There’s a bit of a bludger in all of us. When I’m snoozing away the heat of the early arvo in the shade of a jarrah tree, I’m not about to tell myself I should be getting stuck into a lot of hard yakka. What I can’t stand is a bludger of the mind: someone who’s completely wrong but too bloody idle to think about it.

Monday

Mental bludgers thrive on contradictions without ever being aware of them. They praise my athletic ability – who could blame them? – and at the same time they write me off as a primitive mammal. But get this: we didn’t evolve the most sophisticated leaping equipment in all creation by failing to keep pace with those self-applauding bastard placental mammals.

Tuesday

Humos are the worst. You know, those bloody bipeds who think they’re all crash-hot rationalists. Primitive marsupials, they say, cut off from the mainstream in primitive Australia, left behind in the evolutionary arms race. I tell you, there isn’t an antelope alive who wouldn’t sell his soul to leap like me.

Wednesday

Are we a masterpiece of design?

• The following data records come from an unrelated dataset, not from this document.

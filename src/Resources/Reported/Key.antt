-- ===== src/Resources/Reported/Key.antt =====
-- internal/provider/authorized_key_resource.go: the handlers of an authorized key, against what they report.
use terraform_provider_uapi.Base.{false, refl, not, none, some, is_some, Option, List}
use terraform_provider_uapi.Base.Text.{◌<>◌}
use terraform_provider_uapi.Any.{str, end, entry}
use terraform_provider_uapi.Framework.{Diagnostic, value_string}
use terraform_provider_uapi.Platform.{Platform}
use terraform_provider_uapi.Client.Error.{Error}
use terraform_provider_uapi.Client.World.{Env, World}
use terraform_provider_uapi.Client.Request.{Client}
use terraform_provider_uapi.Client.Objects.{Fetched, missing, found, Written, written}
use terraform_provider_uapi.Provider.Crud.{Decoded}
use terraform_provider_uapi.Provider.Reported.{
  IsReported, is_refused, is_unread, is_missing, fails_behind, always_sent, error-IsReported,
  save-IsReported, guarded-IsReported, guarded_write-IsReported, write_err-is_error,
}
use terraform_provider_uapi.Resources.AuthorizedKey
use terraform_provider_uapi.Resources.Reported.Requests.{
  post_refused, get_fails, get_misses, delete_refused, delete_accepted, AllReported,
}

module _ (set_state : AuthorizedKey.Model → List Diagnostic) (p : Platform) (c : Client) where
  authorized_key_save_created-IsReported :
      (m : AuthorizedKey.Model) (r : Written) (env : Env) (w : World)
      → IsReported (is_refused r) false (AuthorizedKey.save_created set_state p m r env w)
  unfolding AuthorizedKey.save_created
  authorized_key_save_created-IsReported m (Written.failure e) env w =
      error-IsReported AuthorizedKey.Model w _ (write_err-is_error "creating" "authorized key" e)
  authorized_key_save_created-IsReported m (written obj etag) env w =
      save-IsReported set_state _ env _

  authorized_key_save_fetched-IsReported :
      (m : AuthorizedKey.Model) (r : Fetched) (env : Env) (w : World)
      → IsReported (is_unread r) (is_missing r) (AuthorizedKey.save_fetched set_state p m r env w)
  unfolding AuthorizedKey.save_fetched
  authorized_key_save_fetched-IsReported m (Fetched.failure e) env w =
      error-IsReported AuthorizedKey.Model w _ refl
  authorized_key_save_fetched-IsReported m missing env w = (refl, refl, refl)
  authorized_key_save_fetched-IsReported m (found obj etag) env w =
      save-IsReported set_state _ env _

  authorized_key_deleted-IsReported :
      (r : Option Error) (env : Env) (w : World)
      → IsReported (is_some r) (not (is_some r)) (AuthorizedKey.deleted set_state p r env w)
  unfolding AuthorizedKey.deleted
  authorized_key_deleted-IsReported none env w = (refl, refl, refl)
  authorized_key_deleted-IsReported (some e) env w =
      error-IsReported AuthorizedKey.Model w _ (write_err-is_error "deleting" "authorized key" e)

  pub authorized_key-AllReported :
      (plan : Decoded AuthorizedKey.Model) (env : Env) (w : World)
      → AllReported p c env w
          ("/" <> AuthorizedKey.collection)
          ("/" <> AuthorizedKey.collection <> "/" <> value_string plan.0.id)
          (entry "key" (str (value_string plan.0.key)) end)
          plan.1
          (AuthorizedKey.create set_state p c plan env w)
          (AuthorizedKey.refresh set_state p c plan env w)
          (AuthorizedKey.destroy set_state p c plan env w)
  unfolding AuthorizedKey.create AuthorizedKey.refresh AuthorizedKey.destroy
  authorized_key-AllReported plan env w = (
    guarded_write-IsReported plan.1 _
        (post_refused p c ("/" <> AuthorizedKey.collection) env
          (entry "key" (str (value_string plan.0.key)) end))
        env w (authorized_key_save_created-IsReported plan.0 _ env _),
    guarded-IsReported plan.1 _
        (get_fails p c ("/" <> AuthorizedKey.collection <> "/" <> value_string plan.0.id) env)
        (get_misses p c ("/" <> AuthorizedKey.collection <> "/" <> value_string plan.0.id) env) env
        w (authorized_key_save_fetched-IsReported plan.0 _ env _),
    guarded-IsReported plan.1 _
        (delete_refused p c ("/" <> AuthorizedKey.collection <> "/" <> value_string plan.0.id) env)
        (delete_accepted p c ("/" <> AuthorizedKey.collection <> "/" <> value_string plan.0.id) env)
        env w (authorized_key_deleted-IsReported _ env _),
  )

  pub authorized_key_update-IsReported :
      (plan : Decoded AuthorizedKey.Model) (env : Env) (w : World)
      → IsReported
          (fails_behind plan.1 always_sent w)
          false
          (AuthorizedKey.update set_state p plan env w)
  unfolding AuthorizedKey.update
  authorized_key_update-IsReported plan env w =
      guarded_write-IsReported plan.1 _ always_sent env w (save-IsReported set_state plan.0 env _)
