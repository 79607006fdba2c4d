-- ===== src/Resources/Reported/Job.antt =====
-- internal/provider/cron_job_resource.go: the handlers of a cron job, against what they report.
use terraform_provider_uapi.Base.{
  true, false, ◌≡◌, refl, not, none, some, is_some, Option, List, arith,
}
use terraform_provider_uapi.Base.Text.{◌<>◌}
use terraform_provider_uapi.Any.{str, end, entry}
use terraform_provider_uapi.Framework.{Diagnostic, is_error, value_string}
use terraform_provider_uapi.Platform.{Platform}
use terraform_provider_uapi.Client.Error.{Error}
use terraform_provider_uapi.Client.World.{Env, World}
use terraform_provider_uapi.Client.Request.{Client}
use terraform_provider_uapi.Client.Objects.{Fetched, missing, found, Written, written}
use terraform_provider_uapi.Provider.Crud.{Decoded}
use terraform_provider_uapi.Provider.Reported.{
  IsReported, is_refused, is_unread, is_missing, fails_behind, always_sent, error-IsReported,
  save-IsReported, guarded-IsReported, guarded_write-IsReported, write_err-is_error,
}
use terraform_provider_uapi.Resources.CronJob
use terraform_provider_uapi.Resources.Reported.Requests.{
  post_refused, get_fails, get_misses, delete_refused, delete_accepted, AllReported,
}

create_error-is_error :
    (set_state : CronJob.Model → List Diagnostic) (p : Platform) (e : Error)
    → is_error (CronJob.create_error set_state p e) ≡ true
unfolding CronJob.create_error
create_error-is_error set_state p e = ground (arith, write_err-is_error "creating" "cron job" e)

module _ (set_state : CronJob.Model → List Diagnostic) (p : Platform) (c : Client) where
  cron_job_save_created-IsReported :
      (m : CronJob.Model) (r : Written) (env : Env) (w : World)
      → IsReported (is_refused r) false (CronJob.save_created set_state p m r env w)
  unfolding CronJob.save_created
  cron_job_save_created-IsReported m (Written.failure e) env w =
      error-IsReported CronJob.Model w _ (create_error-is_error set_state p e)
  cron_job_save_created-IsReported m (written obj etag) env w = save-IsReported set_state _ env _

  cron_job_save_fetched-IsReported :
      (m : CronJob.Model) (r : Fetched) (env : Env) (w : World)
      → IsReported (is_unread r) (is_missing r) (CronJob.save_fetched set_state p m r env w)
  unfolding CronJob.save_fetched
  cron_job_save_fetched-IsReported m (Fetched.failure e) env w =
      error-IsReported CronJob.Model w _ refl
  cron_job_save_fetched-IsReported m missing env w = (refl, refl, refl)
  cron_job_save_fetched-IsReported m (found obj etag) env w = save-IsReported set_state _ env _

  cron_job_deleted-IsReported :
      (r : Option Error) (env : Env) (w : World)
      → IsReported (is_some r) (not (is_some r)) (CronJob.deleted set_state p r env w)
  unfolding CronJob.deleted
  cron_job_deleted-IsReported none env w = (refl, refl, refl)
  cron_job_deleted-IsReported (some e) env w =
      error-IsReported CronJob.Model w _ (write_err-is_error "deleting" "cron job" e)

  pub cron_job-AllReported :
      (plan : Decoded CronJob.Model) (env : Env) (w : World)
      → AllReported p c env w CronJob.collection
          (CronJob.collection <> "/" <> value_string plan.0.id)
          (entry "schedule"
            (str (value_string plan.0.schedule))
            (entry "command" (str (value_string plan.0.command)) end))
          plan.1
          (CronJob.create set_state p c plan env w)
          (CronJob.refresh set_state p c plan env w)
          (CronJob.destroy set_state p c plan env w)
  unfolding CronJob.create CronJob.refresh CronJob.destroy
  cron_job-AllReported plan env w = (
    guarded_write-IsReported plan.1 _
        (post_refused p c CronJob.collection env (
          entry "schedule" (str (value_string plan.0.schedule))
            (entry "command" (str (value_string plan.0.command)) end)))
        env w (cron_job_save_created-IsReported plan.0 _ env _),
    guarded-IsReported plan.1 _
        (get_fails p c (CronJob.collection <> "/" <> value_string plan.0.id) env)
        (get_misses p c (CronJob.collection <> "/" <> value_string plan.0.id) env) env w
        (cron_job_save_fetched-IsReported plan.0 _ env _),
    guarded-IsReported plan.1 _
        (delete_refused p c (CronJob.collection <> "/" <> value_string plan.0.id) env)
        (delete_accepted p c (CronJob.collection <> "/" <> value_string plan.0.id) env) env w
        (cron_job_deleted-IsReported _ env _),
  )

  pub cron_job_update-IsReported :
      (plan : Decoded CronJob.Model) (env : Env) (w : World)
      → IsReported (fails_behind plan.1 always_sent w) false (CronJob.update set_state p plan env w)
  unfolding CronJob.update
  cron_job_update-IsReported plan env w =
      guarded_write-IsReported plan.1 _ always_sent env w (save-IsReported set_state plan.0 env _)
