-- ===== src/Resources/Reported/Password.antt =====
-- internal/provider/system_password_resource.go: the handlers of a password, against what they report.
use terraform_provider_uapi.Base.{false, List, ◌++◌}
use terraform_provider_uapi.Any.{str, end, entry}
use terraform_provider_uapi.Framework.{Diagnostic, value_string}
use terraform_provider_uapi.Platform.{Platform}
use terraform_provider_uapi.Client.World.{Env, World}
use terraform_provider_uapi.Client.Request.{Client}
use terraform_provider_uapi.Client.Objects.{Written, written}
use terraform_provider_uapi.Provider.Crud.{Decoded}
use terraform_provider_uapi.Provider.Reported.{
  IsReported, is_refused, fails_behind, always_sent, error-IsReported, save-IsReported,
  guarded_write-IsReported, write_err-is_error,
}
use terraform_provider_uapi.Resources.SystemPassword
use terraform_provider_uapi.Resources.Reported.Requests.{post_refused}

module _ (set_state : SystemPassword.Model → List Diagnostic) (p : Platform) (c : Client) where
  system_password_save_set-IsReported :
      (m : SystemPassword.Model) (r : Written) (env : Env) (w : World)
      → IsReported (is_refused r) false (SystemPassword.save_set set_state p m r env w)
  unfolding SystemPassword.save_set
  system_password_save_set-IsReported m (Written.failure e) env w =
      error-IsReported SystemPassword.Model w _ (write_err-is_error "setting" "system password" e)
  system_password_save_set-IsReported m (written obj etag) env w = save-IsReported set_state _ env _

  -- Setting a password, in Create and in Update, fails for its plan, its configuration or its POST, and a
  -- refresh for its state.
  pub system_password-IsReported :
      (plan config : Decoded SystemPassword.Model) (env : Env) (w : World)
      → IsReported
          (fails_behind config.1
            (post_refused p c "/system/password" env (
              entry "user"
                (str (value_string plan.0.user))
                (entry "password" (str (value_string config.0.password_wo)) end)))
            (record w { diags = w.diags ++ plan.1 }))
          false
          (SystemPassword.set_password set_state p c plan config env w)
        × IsReported
            (fails_behind plan.1 always_sent w)
            false
            (SystemPassword.refresh set_state p plan env w)
  unfolding SystemPassword.set_password SystemPassword.refresh
  system_password-IsReported plan config env w = (
    guarded_write-IsReported config.1 _
        (post_refused p c "/system/password" env (
          entry "user" (str (value_string plan.0.user))
            (entry "password" (str (value_string config.0.password_wo)) end)))
        env (record w { diags = w.diags ++ plan.1 })
        (system_password_save_set-IsReported plan.0 _ env _),
    guarded_write-IsReported plan.1 _ always_sent env w (save-IsReported set_state plan.0 env _),
  )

Bloody oath we are! And that design means I can travel at more than 35mph, I can cover nine metres in a single leap and clear three metres in height. No animal on earth can match that and it all comes down to stored energy. You stretch a rubber band: now it’s full of stored energy. Release the band, release the energy. My achilles tendons do the same thing: simple idea, complex solution, like all the great inventions. This one’s a real ripper. It’s also a kangaroo USP and it’s kept us ahead of the competition for more millennia than you can count.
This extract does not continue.